Decision engine for public innovation program evaluation

Context and challenge

A government innovation promotion institution evaluated more than 200 technology innovation projects annually to allocate public funding totaling several billion pesos. The evaluation process relied on expert committees applying qualitative criteria without formal weighting or systematic documentation of justifications. Rejected applicants received no detailed score explanations, and external audits had repeatedly flagged the impossibility of verifying the consistency and fairness of the process.

The problem was compounded by a 40% growth in application volume over three years without a proportional increase in evaluation resources. Evaluators spent an average of 4.2 hours per project just reading and synthesizing documentation, leaving little time for systematic comparative analysis. Internal studies also detected significant variations in scores assigned by different evaluators to identical projects (coefficient of variation: 23%), suggesting a concerning level of structural subjectivity in the process.

Data landscape & sources

The project began with an inventory of available data on calls and evaluations from the past 5 years. Historical data quality and completeness were heterogeneous: the first two years had partial records in digitized paper, while the last three years had structured data in the call management system. Systematic biases were identified in historical data that required specific treatment before using them as a validation reference.

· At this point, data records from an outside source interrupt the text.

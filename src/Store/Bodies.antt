-- ===== src/Store/Bodies.antt =====
-- internal/store/bodies.go: the bodies that were fetched.
pub mod Reread
use nexus_mail.Base.{
  ℕ, Bool, true, List, [], ◌∷◌, Option, none, some, map, find?, any, if◌then◌else◌, ◌==◌,
}
use nexus_mail.Base.Text.{Text}
use nexus_mail.Model.{Message}
use nexus_mail.Store.{Db, BodyRow}

abbrev pub is_body_of : ℕ → BodyRow → Bool
is_body_of message_id b = b.message_id == message_id

-- `INSERT … ON CONFLICT(message_id) DO UPDATE`.
unfoldable pub upsert_body : BodyRow → List BodyRow → List BodyRow
upsert_body row bodies =
    if any (is_body_of row.message_id) bodies
    then map (λ b. if is_body_of row.message_id b then row else b) bodies
    else row ∷ bodies

unfoldable pub mark_fetched : ℕ → Message → Message
mark_fetched message_id m = if m.id == message_id then record m { body_fetched = true } else m

-- The foreign key lets no body in whose message is gone: the insertion fails, and the transaction is
-- rolled back.
unfoldable pub set_message_body : ℕ → Text → Text → Db → Option Db
unfolding upsert_body mark_fetched
set_message_body message_id html text db =
    if any (λ m. m.id == message_id) db.messages
    then some (record db {
      bodies =
          upsert_body (record { message_id = message_id; html_body = html; text_body = text })
            db.bodies;
      messages = map (mark_fetched message_id) db.messages;
    })
    else none

-- Both texts are empty where there is no row.
abbrev pub texts_of : Option BodyRow → Text × Text
texts_of none = ([], [])
texts_of (some b) = (b.html_body, b.text_body)

unfoldable pub get_message_body : ℕ → Db → Text × Text
get_message_body message_id db = texts_of (find? (is_body_of message_id) db.bodies)
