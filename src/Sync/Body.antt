-- ===== src/Sync/Body.antt =====
-- internal/sync/body.go: the body of a message, fetched once, and the reads that keep nothing. The
-- connection is a parameter: each call may change it and may fail.
pub mod Cached
use nexus_mail.Base.{ℕ, Bool, true, false, ◌&&◌, List, [], ◌∷◌, Option, none, some, if◌then◌else◌}
use nexus_mail.Base.Text.{Text, codes}
use nexus_mail.Model.{Folder, Message, AttachmentPart}
use nexus_mail.Model.Errors.{Error, Result, ok, err, wrap, new_error}
use nexus_mail.Mime.References.{is_empty}
use nexus_mail.Store.{Db}
use nexus_mail.Store.Bodies.{get_message_body, set_message_body}

-- internal/imapx/backend.go: a message body in both forms.
pub record Body : Type 0 where
  pub html : Text
  pub text : Text

-- The calls of imapx.MailBackend that read one message.
pub record Mailbox : Type 1 where
  pub State : Type 0
  pub dial : ℕ → State → Result (Unit {0}) × State
  pub select : Text → State → Result (Unit {0}) × State
  pub fetch_body : ℕ → State → Result Body × State
  pub fetch_raw : ℕ → State → Result (List ℕ) × State
  pub fetch_part : ℕ → Text → Text → State → Result (List ℕ) × State

-- `fmt.Errorf("…: %w", err)` on the way out.
abbrev wrapped : {A : Type 0} → Text → Result A → Result A
wrapped said (ok a) = ok a
wrapped said (err e) = err (wrap said e)

module _ (mb : Mailbox) where
  abbrev after :
      {A B : Type 0} → Result A → (mb.State → Result B × mb.State) → mb.State → Result B × mb.State
  after (ok a) next w = next w
  after (err e) next w = (err e, w)

  -- What every read of this file does: connect, select the folder, then ask.
  unfoldable pub from_mailbox :
      {A : Type 0} → ℕ → Folder → (mb.State → Result A × mb.State) → mb.State → Result A × mb.State
  from_mailbox account_id folder ask w =
      let (dialled, w') = mb.dial account_id w in
      after (wrapped (codes "sync: connecting account: ") dialled)
        (λ v.
          let (chosen, v') = mb.select folder.path v in
          after (wrapped (codes "sync: selecting: ") chosen)
            (λ x. let (answer, x') = ask x in (wrapped (codes "sync: fetching: ") answer, x')) v')
        w'

  abbrev pub keep_body : Body → Db → mb.State → Option Db → Result Body × (Db × mb.State)
  keep_body body db w none = (err (new_error (codes "sync: caching body")), (db, w))
  keep_body body db w (some db') = (ok body, (db', w))

  -- The body that came is cached, and it is an error if that cannot be done.
  unfoldable pub cache_body : ℕ → Result Body × mb.State → Db → Result Body × (Db × mb.State)
  unfolding set_message_body
  cache_body message_id (err e, w) db = (err e, (db, w))
  cache_body message_id (ok body, w) db =
      keep_body body db w (set_message_body message_id body.html body.text db)

  unfoldable pub ensure_body : ℕ → Folder → Message → Db → mb.State → Result Body × (Db × mb.State)
  unfolding from_mailbox cache_body get_message_body
  ensure_body account_id folder msg db w =
      let (html, text) = get_message_body msg.id db in
      if is_empty html && is_empty text
      then cache_body msg.id (from_mailbox account_id folder (mb.fetch_body msg.uid) w) db
      else (ok (record { html = html; text = text }), (db, w))

  unfoldable pub fetch_raw_message : ℕ → Folder → Message → mb.State → Result (List ℕ) × mb.State
  unfolding from_mailbox
  fetch_raw_message account_id folder msg w =
      from_mailbox account_id folder (mb.fetch_raw msg.uid) w

  unfoldable pub fetch_attachment :
      ℕ → Folder → Message → AttachmentPart → mb.State → Result (List ℕ) × mb.State
  unfolding from_mailbox
  fetch_attachment account_id folder msg part w =
      from_mailbox account_id folder (mb.fetch_part msg.uid part.part_id part.encoding) w
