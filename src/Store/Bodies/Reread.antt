-- ===== src/Store/Bodies/Reread.antt =====
-- What is read back of the bodies.
use nexus_mail.Base.{
  ℕ, true, false, List, [], ◌∷◌, Option, none, some, map, find?, any, if◌then◌else◌, ◌==◌, ◌≡◌, ◌≢◌,
  refl, ap, arith, Bool-cases, inl, inr,
}
use nexus_mail.Base.Text.{Text}
use nexus_mail.Store.{Db, BodyRow}
use nexus_mail.Store.Bodies.{is_body_of, texts_of, upsert_body, set_message_body, get_message_body}

abbrev replaced : BodyRow → BodyRow → BodyRow
replaced row b = if is_body_of row.message_id b then row else b

find_replaced :
    (row : BodyRow) (bodies : List BodyRow)
    → any (is_body_of row.message_id) bodies ≡ true
    → find? (is_body_of row.message_id) (map (replaced row) bodies) ≡ some row
find_replaced row [] h = cc
find_replaced row (b ∷ bodies) h = ground (arith, find_replaced row bodies)

find-upsert_body :
    (row : BodyRow) (bodies : List BodyRow)
    → find? (is_body_of row.message_id) (upsert_body row bodies) ≡ some row
unfolding upsert_body
find-upsert_body row bodies = elim (Bool-cases (any (is_body_of row.message_id) bodies)) [
  | inl known ↦ rw known (find_replaced row bodies known)
  | inr new ↦ rw new (ground arith)
]

find_replaced_other :
    (row : BodyRow) (id : ℕ) (bodies : List BodyRow)
    → id ≢ row.message_id
    → find? (is_body_of id) (map (replaced row) bodies) ≡ find? (is_body_of id) bodies
find_replaced_other row id [] h = refl
find_replaced_other row id (b ∷ bodies) h = ground (arith, find_replaced_other row id bodies)

find-upsert_body_other :
    (row : BodyRow) (id : ℕ) (bodies : List BodyRow)
    → id ≢ row.message_id
    → find? (is_body_of id) (upsert_body row bodies) ≡ find? (is_body_of id) bodies
unfolding upsert_body
find-upsert_body_other row id bodies h =
    elim (Bool-cases (any (is_body_of row.message_id) bodies)) [
      | inl known ↦ rw known (find_replaced_other row id bodies h)
      | inr new ↦ rw new (ground arith)
    ]

-- What a write leaves: nothing without the message, and else its body among those of the others.
abbrev pub IsStored : ℕ → Text → Text → Db → Option Db → Type 0
IsStored message_id html text db none = any (λ m. m.id == message_id) db.messages ≡ false
IsStored message_id html text db (some db') =
    (any (λ m. m.id == message_id) db.messages ≡ true)
    × (get_message_body message_id db' ≡ (html, text))
    × ((id : ℕ) → id ≢ message_id → get_message_body id db' ≡ get_message_body id db)

-- A stored body is what is read back for the message, the bodies of the others stay, and nothing is
-- stored exactly if there is no such message.
pub get-set_message_body :
    (message_id : ℕ) (html text : Text) (db : Db)
    → IsStored message_id html text db (set_message_body message_id html text db)
unfolding set_message_body get_message_body
get-set_message_body message_id html text db =
    elim (Bool-cases (any (λ m. m.id == message_id) db.messages)) [
      | inl there ↦
          let row : BodyRow = record {
            message_id = message_id;
            html_body = html;
            text_body = text;
          } in
          rw there (
            there,
            ap texts_of (find-upsert_body row db.bodies),
            (λ id h. ap texts_of (find-upsert_body_other row id db.bodies h)),
          )
      | inr gone ↦ rw gone gone
    ]
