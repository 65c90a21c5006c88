-- ===== src/Sync/Body/Cached.antt =====
-- A body that was fetched is read without the network.
use nexus_mail.Base.{
  ℕ, Bool, true, false, ◌&&◌, Option, none, some, ◌≡◌, refl, sym, ap, subst, ◌∙◌, Bool-cases, inl,
  inr,
}
use nexus_mail.Model.{Folder, Message}
use nexus_mail.Model.Errors.{Result, ok, err}
use nexus_mail.Mime.References.{is_empty}
use nexus_mail.Store.{Db}
use nexus_mail.Store.Bodies.{get_message_body, set_message_body}
use nexus_mail.Store.Bodies.Reread.{IsStored, get-set_message_body}
use nexus_mail.Sync.Body.{Body, Mailbox, keep_body, cache_body, ensure_body, from_mailbox}

abbrev pub is_blank : Body → Bool
is_blank body = is_empty body.html && is_empty body.text

-- What the first call leaves.
abbrev pub IsCached : ℕ → Body → Db → Type 0
IsCached id body db = get_message_body id db ≡ (body.html, body.text)

ok-injective : {a b : Body} → ok a ≡ ok b → a ≡ b
ok-injective e = cc

module _ (mb : Mailbox) where
  keep_body-IsCached :
      (id : ℕ) (fetched body : Body) (w : mb.State) (db : Db) (o : Option Db)
      → IsStored id fetched.html fetched.text db o
      → (keep_body mb fetched db w o).0 ≡ ok body
      → IsCached id body (keep_body mb fetched db w o).1.0
  keep_body-IsCached id fetched body w db none s h = cc
  keep_body-IsCached id fetched body w db (some db') (_, stored, _) h =
      let same : fetched ≡ body = cc in stored ∙ ap (λ b. (b.html, b.text)) same

  cache_body-IsCached :
      (id : ℕ) (r : Result Body) (w : mb.State) (db : Db) (body : Body)
      → (cache_body mb id (r, w) db).0 ≡ ok body
      → IsCached id body (cache_body mb id (r, w) db).1.0
  cache_body-IsCached id (err e) w db body h = unfold cache_body in cc
  cache_body-IsCached id (ok fetched) w db body h =
      unfold cache_body in
      keep_body-IsCached id fetched body w db (set_message_body id fetched.html fetched.text db)
        (get-set_message_body id fetched.html fetched.text db) h

  ensure_body_cached :
      (account_id : ℕ) (folder : Folder) (msg : Message) (db : Db) (w : mb.State) (body : Body)
      → is_blank body ≡ false
      → IsCached msg.id body db
      → ensure_body mb account_id folder msg db w ≡ (ok body, (db, w))
  unfolding ensure_body
  ensure_body_cached account_id folder msg db w body h c = rw c (rw h refl)

  module _ (account_id : ℕ) (folder : Folder) (msg : Message) (db : Db) (w : mb.State) where
    abbrev held : Body
    held = record { html = (get_message_body msg.id db).0; text = (get_message_body msg.id db).1 }

    ensure_body-held :
        is_blank held ≡ false → ensure_body mb account_id folder msg db w ≡ (ok held, (db, w))
    unfolding ensure_body
    ensure_body-held h = rw h refl

    ensure_body_fetched :
        is_blank held ≡ true
        → ensure_body mb account_id folder msg db w
          ≡ cache_body mb msg.id (from_mailbox mb account_id folder (mb.fetch_body msg.uid) w) db
    unfolding ensure_body
    ensure_body_fetched h = rw h refl

    ensure_body-IsCached :
        (body : Body)
        → (ensure_body mb account_id folder msg db w).0 ≡ ok body
        → IsCached msg.id body (ensure_body mb account_id folder msg db w).1.0
    ensure_body-IsCached body h = elim (Bool-cases (is_blank held)) [
      | inl blank ↦
          let e = ensure_body_fetched blank in
          subst (λ r. IsCached msg.id body r.1.0) (sym e)
            (cache_body-IsCached msg.id
              (from_mailbox mb account_id folder (mb.fetch_body msg.uid) w).0
              (from_mailbox mb account_id folder (mb.fetch_body msg.uid) w).1 db body
              (ap (λ r. r.0) (sym e) ∙ h))
      | inr ink ↦
          let e = ensure_body-held ink in
          let same : held ≡ body = ok-injective (ap (λ r. r.0) (sym e) ∙ h) in
          subst (λ r. IsCached msg.id body r.1.0) (sym e) (ap (λ b. (b.html, b.text)) same)
    ]

-- A call that returns a body with a text in either form leaves it so that every later call, whatever
-- the connection has become, returns the same body and changes neither database nor connection.
pub ensure_body-again :
    (mb : Mailbox) (account_id : ℕ) (folder : Folder) (msg : Message) (db : Db) (w later : mb.State)
    (body : Body)
    → (ensure_body mb account_id folder msg db w).0 ≡ ok body
    → is_blank body ≡ false
    → (let db' = (ensure_body mb account_id folder msg db w).1.0 in
        ensure_body mb account_id folder msg db' later ≡ (ok body, (db', later)))
ensure_body-again mb account_id folder msg db w later body h ink =
    ensure_body_cached mb account_id folder msg _ later body ink
      (ensure_body-IsCached mb account_id folder msg db w body h)
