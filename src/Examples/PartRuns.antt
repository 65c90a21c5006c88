-- ===== src/Examples/PartRuns.antt =====
-- The theorems on messages, documents, logs and files at concrete inputs.
use mathlib.Core.Option
use nexus_mail.Base.{
  ℕ, ◌+◌, true, false, [], ◌∷◌, ◌++◌, All, none, some, refl, Bool, Bool-cases, if◌then◌else◌, ◌≡◌,
  ◌≢◌, ◌↔◌, ◌==◌, inl, inr,
}
use nexus_mail.Base.Text.{Text, codes, ascii, to_lower, contains_text, has_text, trim_space}
use nexus_mail.Base.Bytes.{byte_len, width}
use nexus_mail.Model.{Message}
use nexus_mail.Model.Errors.{ok}
use nexus_mail.Mime.Subject.{
  reply_prefix, forward_prefix, known_reply_prefixes, known_forward_prefixes, reply_subject,
  forward_subject,
}
use nexus_mail.Mime.Subject.Cut.{KeepsWidth}
use nexus_mail.Mime.Subject.Marks.{IsMarkedOnce, subjects-IsMarkedOnce}
use nexus_mail.Mime.References.{reply_references}
use nexus_mail.Mime.Quote.{quote, attribution, split_lines, lf, cr}
use nexus_mail.Mime.Quote.Unquote.{unquote, join_lines, with_lf, quote-unquote}
use nexus_mail.Imap.Envelope.{thread_key, normalise_subject}
use nexus_mail.Imap.Envelope.Threads.{normalise_subject-marker}
use nexus_mail.Imap.Envelope.Replies.{thread_key-reply_references, thread_key-some}
use nexus_mail.Html.Find.{
  Nodes, nil, cons, text, element, ahead, behind, fold_text, fold_runes, find, highlight,
  count_nodes,
}
use nexus_mail.Html.Find.Slices.{AreOrdered, nodes_text}
use nexus_mail.Html.Find.Found.{AreMatches}
use nexus_mail.Html.Find.Matches.{find-contains_text}
use nexus_mail.Html.Find.Current.{AreMarked, highlight-current_nodes}
use nexus_mail.Html.Find.Kept.{highlight-nodes_text}
use nexus_mail.Logging.Redact.{Patterns, str, error, group, none, attr, LogRecord, handle}
use nexus_mail.Logging.Redact.Safe.{Recognises, IsClean, AreSafe, handle-AreSafe}
use nexus_mail.Store.Outbox.{Files, get, sweep}
use nexus_mail.Store.Outbox.Swept.{get-sweep}
use nexus_mail.Sync.Body.{Body, Mailbox, ensure_body}
use nexus_mail.Sync.Body.Cached.{ensure_body-again}
use nexus_mail.Examples.Data.{mailbox, inbox, message}

abbrev subject : Text
subject = codes "Re: AW: hi"

ascii-KeepsWidth : KeepsWidth ascii subject
unfolding width
ascii-KeepsWidth =
    (refl, (refl, (refl, (refl, (refl, (refl, (refl, (refl, (refl, (refl, tt))))))))))

subjects-IsMarkedOnce_example :
    IsMarkedOnce ascii reply_prefix known_reply_prefixes (reply_subject ascii subject)
    × IsMarkedOnce ascii forward_prefix
        (known_forward_prefixes ++ known_reply_prefixes)
        (forward_subject ascii subject)
subjects-IsMarkedOnce_example = subjects-IsMarkedOnce ascii subject ascii-KeepsWidth

quote-unquote_example :
    (quoted : Text) × (quote (λ t. codes "now") (codes "me") (some 5) (codes "a\r\n\nb")
      ≡ attribution (λ t. codes "now") (codes "me") (some 5) ++ lf ∷ quoted)
    × (Option.map join_lines (unquote (split_lines quoted)) ≡ some (with_lf (codes "a\r\n\nb")))
    × All (λ c. (c == cr) ≡ false) (with_lf (codes "a\r\n\nb"))
quote-unquote_example = quote-unquote (λ t. codes "now") (codes "me") (codes "a\r\n\nb") (some 5)

thread_key-reply_references_example :
    thread_key ascii
      (codes "r@x")
      (codes "p@x")
      (reply_references (codes "root@x" ∷ []) (codes "p@x"))
      (codes "Re: hi")
    ≡ thread_key ascii (codes "p@x") [] (codes "root@x" ∷ []) (codes "hi")
thread_key-reply_references_example =
    thread_key-reply_references ascii (codes "p@x") [] (codes "root@x" ∷ []) (codes "hi")
      (codes "r@x") (codes "p@x") (codes "Re: hi") (inl refl)

normalise_subject-marker_example :
    normalise_subject ascii (codes "YNT:" ++ b' ' ∷ codes "Re: Toplanti")
    ≡ normalise_subject ascii (codes "Re: Toplanti")
unfolding trim_space
normalise_subject-marker_example =
    normalise_subject-marker ascii (codes "ynt:") (codes "YNT:") (codes "Re: Toplanti")
      (inr (inr (inr (inl refl)))) refl (refl, (refl, (refl, (refl, tt)))) refl refl refl

thread_key-some_example : thread_key ascii [] [] [] (codes "Fwd: Re: hi") ≢ none
thread_key-some_example = thread_key-some ascii [] [] [] (codes "Fwd: Re: hi")

-- A server whose state counts the calls.
abbrev shelf : Mailbox
shelf = record {
  State = ℕ;
  dial = λ account_id w. (ok tt, w + 1);
  select = λ path w. (ok tt, w + 1);
  fetch_body = λ uid w. (ok (record { html = []; text = codes "hello" }), w + 1);
  fetch_raw = λ uid w. (ok [], w + 1);
  fetch_part = λ uid part encoding w. (ok [], w + 1);
}

abbrev unread : Message
unread = message 2 1 32 300 []

abbrev hello : Body
hello = record { html = []; text = codes "hello" }

body_comes : (ensure_body shelf 1 inbox unread mailbox 0).0 ≡ ok hello
unfolding ensure_body
body_comes = refl

ensure_body-again_example :
    (let db' = (ensure_body shelf 1 inbox unread mailbox 0).1.0 in
      ensure_body shelf 1 inbox unread db' 50 ≡ (ok hello, (db', 50)))
ensure_body-again_example =
    ensure_body-again shelf 1 inbox unread mailbox 0 50 hello body_comes refl

abbrev sentence : Text
sentence = codes "The cat, the Cat"

find-contains_text_example :
    AreOrdered 0
      (find (fold_text ascii sentence) (fold_runes ascii (codes "CAT")))
      (byte_len sentence)
    × AreMatches ascii.to_lower
        (fold_runes ascii (codes "CAT"))
        sentence
        0
        (find (fold_text ascii sentence) (fold_runes ascii (codes "CAT")))
    × ((find (fold_text ascii sentence) (fold_runes ascii (codes "CAT")) ≡ [])
        ↔ (contains_text (to_lower ascii (codes "CAT")) (to_lower ascii sentence) ≡ false))
find-contains_text_example = find-contains_text ascii (codes "CAT") sentence (λ e. cc)

find_run : find (fold_text ascii sentence) (fold_runes ascii (codes "CAT")) ≡ (4, 7) ∷ (13, 16) ∷ []
unfolding find fold_text fold_runes
find_run = refl

abbrev body : Nodes
body =
    cons
      (element (codes "p") (record { key = codes "id"; val = codes "nx-find-current" } ∷ [])
        (cons (text sentence) nil))
      nil

highlight-current_nodes_example :
    AreMarked ascii
      (count_nodes ascii (fold_runes ascii (codes "cat")) body)
      (highlight ascii body (codes "cat") (behind 0))
unfolding trim_space
highlight-current_nodes_example =
    highlight-current_nodes ascii body (codes "cat") (behind 0) (refl, refl) refl

highlight-nodes_text_example :
    nodes_text (highlight ascii body (codes "cat") (ahead 5)).nodes ≡ nodes_text body
highlight-nodes_text_example = highlight-nodes_text ascii body (codes "cat") (ahead 5)

abbrev patterns : Patterns
patterns = record {
  email_address = λ s. if contains_text (codes "@") s then codes "[redacted-address]" else s;
  bearer_token = λ s. if contains_text (codes "bearer") s then codes "[redacted-token]" else s;
}

-- Texts with an `@`, and texts with the word.
abbrev shows_address : Text → Bool
shows_address s = contains_text (codes "@") s

abbrev shows_token : Text → Bool
shows_token s = contains_text (codes "bearer") s

patterns-Recognises : Recognises patterns shows_address shows_token
unfolding contains_text
patterns-Recognises = record {
  address_replaced = λ s. elim (Bool-cases (contains_text (codes "@") s)) [
    | inl here ↦ rw here refl
    | inr free ↦ rw free free
  ];
  token_replaced = λ s. elim (Bool-cases (contains_text (codes "bearer") s)) [
    | inl here ↦ rw here refl
    | inr free ↦ rw free free
  ];
  address_stays_out = λ s h. elim (Bool-cases (contains_text (codes "bearer") s)) [
    | inl here ↦ rw here refl
    | inr free ↦ rw free h
  ];
  no_address = refl;
  no_token = refl;
}

abbrev log_record : LogRecord
log_record = record {
  message = codes "a@b.org";
  attrs =
      attr (codes "subject") (str (codes "hi"))
        (attr (codes "req") (group (attr (codes "err") (error (codes "a@b.org")) none)) none);
}

handle-AreSafe_example :
    IsClean shows_address shows_token (handle ascii patterns log_record).message
    × AreSafe ascii shows_address shows_token (handle ascii patterns log_record).attrs
handle-AreSafe_example =
    handle-AreSafe ascii patterns shows_address shows_token log_record patterns-Recognises
      (tt, ((tt, tt), tt))

abbrev outbox_files : Files
outbox_files = record {
  entries =
      record { name = codes "a.eml"; is_dir = false; bytes = 104 ∷ [] }
      ∷ record { name = codes "b.eml"; is_dir = false; bytes = 105 ∷ [] }
      ∷ [];
  refuses_write = none;
  refuses_rename = none;
  refuses_list = none;
  refuses_remove = λ name. none;
}

a_is_used : has_text (codes "a.eml" ∷ []) (codes "a.eml") ≡ true
unfolding has_text
a_is_used = refl

get-sweep_example :
    get (codes "a.eml") (sweep (codes "a.eml" ∷ []) outbox_files).1
    ≡ get (codes "a.eml") outbox_files
get-sweep_example = get-sweep (codes "a.eml" ∷ []) (codes "a.eml") outbox_files a_is_used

• Call management system: structured application forms with 45-80 fields per project depending on program type, including budget, team, timeline, and technical description
• Evaluation history: scores by criterion, evaluator comments, and final decision for 1,200+ projects over 5 years, with variable completeness by call
• Post-award tracking records: milestones met, accountability, and results of funded projects from previous calls for institutional track record assessment
• Evaluator database: profile, experience, institutional affiliation, and prior evaluation history to model and control evaluator bias
• Public applicant information: government registries, tax authority records, and intellectual property databases to verify and enrich declared data
• Regulatory documentation: call guidelines, official criteria, definitions, and declared weightings to calibrate the model against the applicable regulatory framework

Methodology & analysis

The analysis phase had two parallel objectives: understanding how the historical process had worked (including its biases) and designing a scoring framework that was simultaneously rigorous, explainable, and accepted by evaluators. For the first objective, bias analysis was applied using fairness-aware ML techniques; for the second, an iterative co-design process with the institution's evaluation teams took 8 weeks and 14 structured working sessions.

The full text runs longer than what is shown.